==== Extracted entries
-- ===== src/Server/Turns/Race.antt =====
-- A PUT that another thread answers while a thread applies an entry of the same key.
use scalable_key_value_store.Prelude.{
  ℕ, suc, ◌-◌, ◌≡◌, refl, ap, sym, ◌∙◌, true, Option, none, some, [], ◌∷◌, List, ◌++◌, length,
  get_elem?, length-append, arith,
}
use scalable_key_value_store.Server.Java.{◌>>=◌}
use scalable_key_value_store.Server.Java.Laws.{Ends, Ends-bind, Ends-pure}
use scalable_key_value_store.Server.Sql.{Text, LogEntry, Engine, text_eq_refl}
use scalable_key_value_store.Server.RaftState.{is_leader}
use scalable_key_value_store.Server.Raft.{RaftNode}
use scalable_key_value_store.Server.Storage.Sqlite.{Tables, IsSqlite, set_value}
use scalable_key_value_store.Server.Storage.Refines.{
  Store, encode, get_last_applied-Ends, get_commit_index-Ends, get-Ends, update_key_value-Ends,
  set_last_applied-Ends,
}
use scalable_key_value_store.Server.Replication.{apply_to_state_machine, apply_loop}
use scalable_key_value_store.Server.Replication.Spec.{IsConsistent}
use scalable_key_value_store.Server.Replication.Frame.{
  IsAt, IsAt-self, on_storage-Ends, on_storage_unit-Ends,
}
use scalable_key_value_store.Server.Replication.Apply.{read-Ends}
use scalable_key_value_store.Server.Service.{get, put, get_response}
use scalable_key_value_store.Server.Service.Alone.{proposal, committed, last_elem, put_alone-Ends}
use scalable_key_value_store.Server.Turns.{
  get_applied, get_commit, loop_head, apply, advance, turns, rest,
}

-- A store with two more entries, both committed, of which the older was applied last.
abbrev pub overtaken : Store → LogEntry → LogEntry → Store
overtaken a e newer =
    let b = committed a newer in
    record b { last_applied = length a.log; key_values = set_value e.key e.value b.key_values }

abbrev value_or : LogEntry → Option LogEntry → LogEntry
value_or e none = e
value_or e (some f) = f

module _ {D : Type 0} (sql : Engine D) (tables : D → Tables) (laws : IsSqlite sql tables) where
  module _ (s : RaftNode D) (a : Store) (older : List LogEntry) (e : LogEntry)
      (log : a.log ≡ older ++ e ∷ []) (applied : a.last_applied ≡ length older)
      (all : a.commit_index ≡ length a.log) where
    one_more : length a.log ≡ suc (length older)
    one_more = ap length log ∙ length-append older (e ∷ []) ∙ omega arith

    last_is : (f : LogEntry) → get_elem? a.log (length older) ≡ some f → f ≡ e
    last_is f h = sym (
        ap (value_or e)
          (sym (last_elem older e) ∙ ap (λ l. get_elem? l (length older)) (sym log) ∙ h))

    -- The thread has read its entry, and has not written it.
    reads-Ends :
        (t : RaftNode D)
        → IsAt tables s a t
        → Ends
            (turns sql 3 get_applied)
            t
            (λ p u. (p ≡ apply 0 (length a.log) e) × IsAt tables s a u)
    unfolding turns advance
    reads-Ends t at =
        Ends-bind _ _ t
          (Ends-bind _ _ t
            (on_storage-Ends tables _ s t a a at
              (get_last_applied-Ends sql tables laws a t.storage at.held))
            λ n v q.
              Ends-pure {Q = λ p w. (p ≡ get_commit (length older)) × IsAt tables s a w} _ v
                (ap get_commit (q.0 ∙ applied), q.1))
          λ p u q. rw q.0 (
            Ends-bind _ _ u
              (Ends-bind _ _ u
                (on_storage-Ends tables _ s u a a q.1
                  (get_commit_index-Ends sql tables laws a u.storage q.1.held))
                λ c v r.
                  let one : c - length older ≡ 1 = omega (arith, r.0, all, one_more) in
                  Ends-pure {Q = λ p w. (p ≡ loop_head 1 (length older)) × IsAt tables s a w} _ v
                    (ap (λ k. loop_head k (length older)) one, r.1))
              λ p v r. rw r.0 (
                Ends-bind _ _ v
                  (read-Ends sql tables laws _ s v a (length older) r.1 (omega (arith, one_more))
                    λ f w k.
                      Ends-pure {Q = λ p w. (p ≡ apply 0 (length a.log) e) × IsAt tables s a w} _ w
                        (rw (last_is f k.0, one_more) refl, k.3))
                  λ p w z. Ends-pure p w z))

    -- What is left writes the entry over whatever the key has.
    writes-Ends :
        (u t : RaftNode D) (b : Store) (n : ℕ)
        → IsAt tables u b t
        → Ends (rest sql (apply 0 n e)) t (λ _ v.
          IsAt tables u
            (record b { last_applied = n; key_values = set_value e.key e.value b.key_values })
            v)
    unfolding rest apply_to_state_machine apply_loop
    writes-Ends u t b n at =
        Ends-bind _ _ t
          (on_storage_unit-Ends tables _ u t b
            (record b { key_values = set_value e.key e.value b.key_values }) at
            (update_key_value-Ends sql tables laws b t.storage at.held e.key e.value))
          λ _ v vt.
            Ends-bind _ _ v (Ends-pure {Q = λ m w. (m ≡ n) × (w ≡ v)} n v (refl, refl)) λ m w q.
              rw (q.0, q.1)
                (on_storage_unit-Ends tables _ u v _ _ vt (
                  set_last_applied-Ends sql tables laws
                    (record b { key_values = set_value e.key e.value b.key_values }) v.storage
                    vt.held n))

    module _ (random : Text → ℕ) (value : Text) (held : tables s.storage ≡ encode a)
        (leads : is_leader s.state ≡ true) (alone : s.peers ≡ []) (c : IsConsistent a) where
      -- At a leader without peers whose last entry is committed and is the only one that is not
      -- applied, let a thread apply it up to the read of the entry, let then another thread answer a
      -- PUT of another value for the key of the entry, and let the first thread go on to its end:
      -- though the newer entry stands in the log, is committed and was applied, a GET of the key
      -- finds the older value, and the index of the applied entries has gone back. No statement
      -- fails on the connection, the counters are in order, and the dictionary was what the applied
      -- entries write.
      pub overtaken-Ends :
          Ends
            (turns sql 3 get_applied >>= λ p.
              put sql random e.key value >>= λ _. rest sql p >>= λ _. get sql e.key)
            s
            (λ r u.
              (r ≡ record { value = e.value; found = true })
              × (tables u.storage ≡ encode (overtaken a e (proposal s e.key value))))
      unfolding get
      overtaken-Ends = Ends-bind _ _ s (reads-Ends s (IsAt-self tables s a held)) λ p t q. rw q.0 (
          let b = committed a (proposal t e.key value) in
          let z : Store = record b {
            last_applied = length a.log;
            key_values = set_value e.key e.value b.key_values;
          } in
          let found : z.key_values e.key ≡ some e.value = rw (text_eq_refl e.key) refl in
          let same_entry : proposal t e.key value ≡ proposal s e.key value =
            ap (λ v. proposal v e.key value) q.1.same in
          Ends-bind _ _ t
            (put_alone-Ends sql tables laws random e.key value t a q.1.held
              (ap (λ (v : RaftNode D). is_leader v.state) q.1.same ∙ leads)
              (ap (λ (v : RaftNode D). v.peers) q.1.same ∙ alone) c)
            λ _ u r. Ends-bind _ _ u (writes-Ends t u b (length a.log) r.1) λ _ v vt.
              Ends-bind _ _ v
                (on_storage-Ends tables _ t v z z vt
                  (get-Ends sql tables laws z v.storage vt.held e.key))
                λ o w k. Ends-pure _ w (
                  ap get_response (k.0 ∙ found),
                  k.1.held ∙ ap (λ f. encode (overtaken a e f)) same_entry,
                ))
========
→ About this task: Go through the preceding material and copy each line that has the word "proposal".

→ Result:
use scalable_key_value_store.Server.Service.Alone.{proposal, committed, last_elem, put_alone-Ends}
              × (tables u.storage ≡ encode (overtaken a e (proposal s e.key value))))
          let b = committed a (proposal t e.key value) in
          let same_entry : proposal t e.key value ≡ proposal s e.key value =
            ap (λ v. proposal v e.key value) q.1.same in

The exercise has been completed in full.